There are several types of Pilates to choose from, and picking the right one can make your first class feel less overwhelming. The most common Pilates styles are classical, mat, contemporary, and reformer. Other Pilates forms, like STOTT, Winsor, clinical, and wall Pilates, also exist. Each style differs in equipment, intensity, and focus, so there’s a good fit for most people.
Pilates has come a long way since Joseph Pilates introduced his method in the early 20th century. What began as a structured movement system for building strength and improving posture is now one of the most popular low-impact approaches to fitness. Today, different kinds of Pilates are practiced in studios, gyms, living rooms, and clinics worldwide.
If you’re booking your first class, you’ve probably noticed that “Pilates” isn’t just one thing. Mat, reformer, classical, clinical—what does it all mean, and where do you start?

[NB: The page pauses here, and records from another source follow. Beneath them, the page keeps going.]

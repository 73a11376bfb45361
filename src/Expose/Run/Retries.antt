-- ===== src/Expose/Run/Retries.antt =====
-- When the client stops trying.
use loophole.Base.{
  ℕ, ◌+◌, ◌≡◌, ◌≤◌, ◌<◌, ◌⊎◌, refl, inl, inr, true, false, List, [], ◌∷◌, Result, ok, err, arith,
  length, leb, Bool-cases, All,
}
use loophole.Text.{Text}
use loophole.Expose.Reconnect.{ReconnectStrategy, new, reset, next_delay_lem, next_delay-panics_iff}
use loophole.Expose.Run.Defs.{Round, retries_exceeded, panicked, is_fatal, exceeded, attempt, run}

-- A round whose attempt fails with an error that is not fatal.
abbrev pub IsFailure : Result Text (Unit {0}) → Type 0
IsFailure (ok _) = ⊥
IsFailure (err msg) = is_fatal msg ≡ false

abbrev pub AllFail : List Round → Type 0
AllFail = All (λ round. IsFailure round.connection)

attempt-IsFailure :
    (r : ReconnectStrategy) (c : Result Text (Unit {0})) → IsFailure c → attempt r c ≡ ok r
unfolding attempt
attempt-IsFailure r (ok u) h = absurd h
attempt-IsFailure r (err msg) h = ground (arith, h)

module _ (max_retries : ℕ) where
  gives_up_from :
      (a : ℕ) (rounds : List Round)
      → AllFail rounds
      → 0 < max_retries
      → a ≤ max_retries
      → max_retries ≤ 64
      → max_retries ≤ a + length rounds
      → run max_retries (record { attempts = a }) rounds ≡ retries_exceeded
  unfolding run exceeded
  gives_up_from a [] h p q s t = ground arith
  gives_up_from a (round ∷ rounds) (h, hs) p q s t = elim (Bool-cases (leb max_retries a)) [
    | inl full ↦ ground arith
    | inr more ↦
        let failed = attempt-IsFailure (record { attempts = a }) round.connection h in
        let (d, e, _, _, _) = next_delay_lem (record { attempts = a }) round.nanos (ground arith) in
        let later = gives_up_from (a + 1) rounds hs p (ground arith) s (ground arith) in
        ground (arith, failed, e, later)
  ]

  -- With a limit of 1 to 64 retries, failures that are not fatal end the loop once there have been
  -- as many as the limit.
  pub run-gives_up :
      (rounds : List Round)
      → AllFail rounds
      → 0 < max_retries
      → max_retries ≤ 64
      → max_retries ≤ length rounds
      → run max_retries new rounds ≡ retries_exceeded
  run-gives_up rounds h p s t =
      unfold new in gives_up_from 0 rounds h p (omega arith) s (omega arith)

  panics_from :
      (a : ℕ) (rounds : List Round)
      → AllFail rounds
      → a ≤ 64
      → (max_retries ≡ 0) ⊎ (64 < max_retries)
      → 64 < a + length rounds
      → run max_retries (record { attempts = a }) rounds ≡ panicked
  unfolding run exceeded
  panics_from a [] h p q t = absurd (omega arith)
  panics_from a (round ∷ rounds) (h, hs) p q t =
      let failed = attempt-IsFailure (record { attempts = a }) round.connection h in
      elim (Bool-cases (leb 64 a)) [
        | inl full ↦
            let stop =
              (next_delay-panics_iff (record { attempts = a }) round.nanos).1 (ground arith) in
            ground (arith, failed, stop)
        | inr more ↦
            let (d, e, _, _, _) =
              next_delay_lem (record { attempts = a }) round.nanos (ground arith) in
            let later = panics_from (a + 1) rounds hs (ground arith) q (ground arith) in
            ground (arith, failed, e, later)
      ]

  -- With no limit, or one above 64, the client does not go on for ever: the wait after the 65th failure
  -- in a row panics.
  pub run-panics :
      (rounds : List Round)
      → AllFail rounds
      → (max_retries ≡ 0) ⊎ (64 < max_retries)
      → 64 < length rounds
      → run max_retries new rounds ≡ panicked
  run-panics rounds h q t = unfold new in panics_from 0 rounds h (omega arith) q (omega arith)

run-exceeded :
    (max_retries : ℕ) (r : ReconnectStrategy) (rounds : List Round)
    → exceeded max_retries r ≡ true
    → run max_retries r rounds ≡ retries_exceeded
unfolding run
run-exceeded max_retries r [] h = ground arith
run-exceeded max_retries r (round ∷ rounds) h = ground arith

-- With a limit of one retry, a tunnel that has been up and is lost is never connected again.
pub run-lost_once :
    (round : Round) (rounds : List Round)
    → round.connection ≡ ok tt
    → run 1 new (round ∷ rounds) ≡ retries_exceeded
unfolding run exceeded attempt reset new
run-lost_once round rounds h =
    let (d, e, _, _, _) = next_delay_lem new round.nanos (unfold new in omega arith) in
    let ends = run-exceeded 1 (record { attempts = 1 }) rounds refl in ground (arith, e, ends)
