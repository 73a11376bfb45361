-- ===== src/Proto/Sample.antt =====
-- A concrete codec of the messages, which shows that the hypothesis on codecs can hold.
use loophole.Base.{
  ℕ, zero, suc, ◌≡◌, refl, true, false, Option, none, some, [], ◌∷◌, ◌++◌, length, take, drop,
  take-append_left, drop-append_left,
}
use loophole.Text.{Text}
use loophole.Proto.{
  ClientMessage, register, ping, disconnect, ServerMessage, registered, error, pong,
  certificate_status, shutdown, ErrorCode, invalid_token, subdomain_taken, subdomain_invalid,
  tunnel_limit_reached, internal_error, Codec, IsCodec,
}
use loophole.Proto

-- Messages as a tag and their parts.
abbrev client_text : ClientMessage → Text
client_text (register token subdomain) = 2 ∷ length token ∷ (token ++ subdomain)
client_text ping = 0 ∷ []
client_text disconnect = 1 ∷ []

abbrev client_message : Text → Option ClientMessage
client_message (zero ∷ s) = some ping
client_message ((suc zero) ∷ s) = some disconnect
client_message (n ∷ k ∷ s) = some (register (take k s) (drop k s))
client_message s = none

abbrev code_number : ErrorCode → ℕ
code_number invalid_token = 0
code_number subdomain_taken = 1
code_number subdomain_invalid = 2
code_number tunnel_limit_reached = 3
code_number internal_error = 4

abbrev code_of : ℕ → ErrorCode
code_of zero = invalid_token
code_of (suc zero) = subdomain_taken
code_of (suc (suc zero)) = subdomain_invalid
code_of (suc (suc (suc zero))) = tunnel_limit_reached
code_of n = internal_error

abbrev server_text : ServerMessage → Text
server_text (registered subdomain url) = 0 ∷ length subdomain ∷ (subdomain ++ url)
server_text (error code m) = 1 ∷ code_number code ∷ m
server_text pong = 2 ∷ []
server_text Proto.ping = 3 ∷ []
server_text (certificate_status true) = 4 ∷ []
server_text (certificate_status false) = 5 ∷ []
server_text (shutdown m) = 6 ∷ m

abbrev server_message : Text → Option ServerMessage
server_message (zero ∷ k ∷ s) = some (registered (take k s) (drop k s))
server_message ((suc zero) ∷ c ∷ m) = some (error (code_of c) m)
server_message ((suc (suc zero)) ∷ s) = some pong
server_message ((suc (suc (suc zero))) ∷ s) = some Proto.ServerMessage.ping
server_message ((suc (suc (suc (suc zero)))) ∷ s) = some (certificate_status true)
server_message ((suc (suc (suc (suc (suc zero))))) ∷ s) = some (certificate_status false)
server_message ((suc (suc (suc (suc (suc (suc zero)))))) ∷ m) = some (shutdown m)
server_message s = none

abbrev pub codec : Codec
codec = record {
  client_to_json = client_text;
  client_from_json = client_message;
  server_to_json = server_text;
  server_from_json = server_message;
}

client_read : (m : ClientMessage) → client_message (client_text m) ≡ some m
client_read (register token subdomain) =
    rw (take-append_left token subdomain, drop-append_left token subdomain) refl
client_read ping = refl
client_read disconnect = refl

server_read : (m : ServerMessage) → server_message (server_text m) ≡ some m
server_read (registered subdomain url) =
    rw (take-append_left subdomain url, drop-append_left subdomain url) refl
server_read (error invalid_token m) = refl
server_read (error subdomain_taken m) = refl
server_read (error subdomain_invalid m) = refl
server_read (error tunnel_limit_reached m) = refl
server_read (error internal_error m) = refl
server_read pong = refl
server_read Proto.ping = refl
server_read (certificate_status true) = refl
server_read (certificate_status false) = refl
server_read (shutdown m) = refl

pub codec-IsCodec : IsCodec codec
codec-IsCodec = record { client = client_read; server = server_read }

This article breaks down the main types of Pilates clearly and without jargon. You’ll learn what each style involves, what Pilates equipment is used, and which option might suit your goals best. Whether you prefer quiet mat work at home or a reformer machine at a studio, this guide is for you.
Always consult your physician before starting any new fitness program, especially if you have any pre-existing joint, muscle, or back-related concerns.
There are seven widely recognized different kinds of Pilates, plus one newer style—wall Pilates—that has grown quickly in recent years. Knowing each one helps you decide which class to book and what to expect.
Different Pilates methods share a common foundation: controlled movement, breathwork, and core engagement. They differ in the Pilates equipment they use, how intense the sessions are, and who they suit best. Pilates forms range from equipment-free mat work to spring-loaded reformer sessions.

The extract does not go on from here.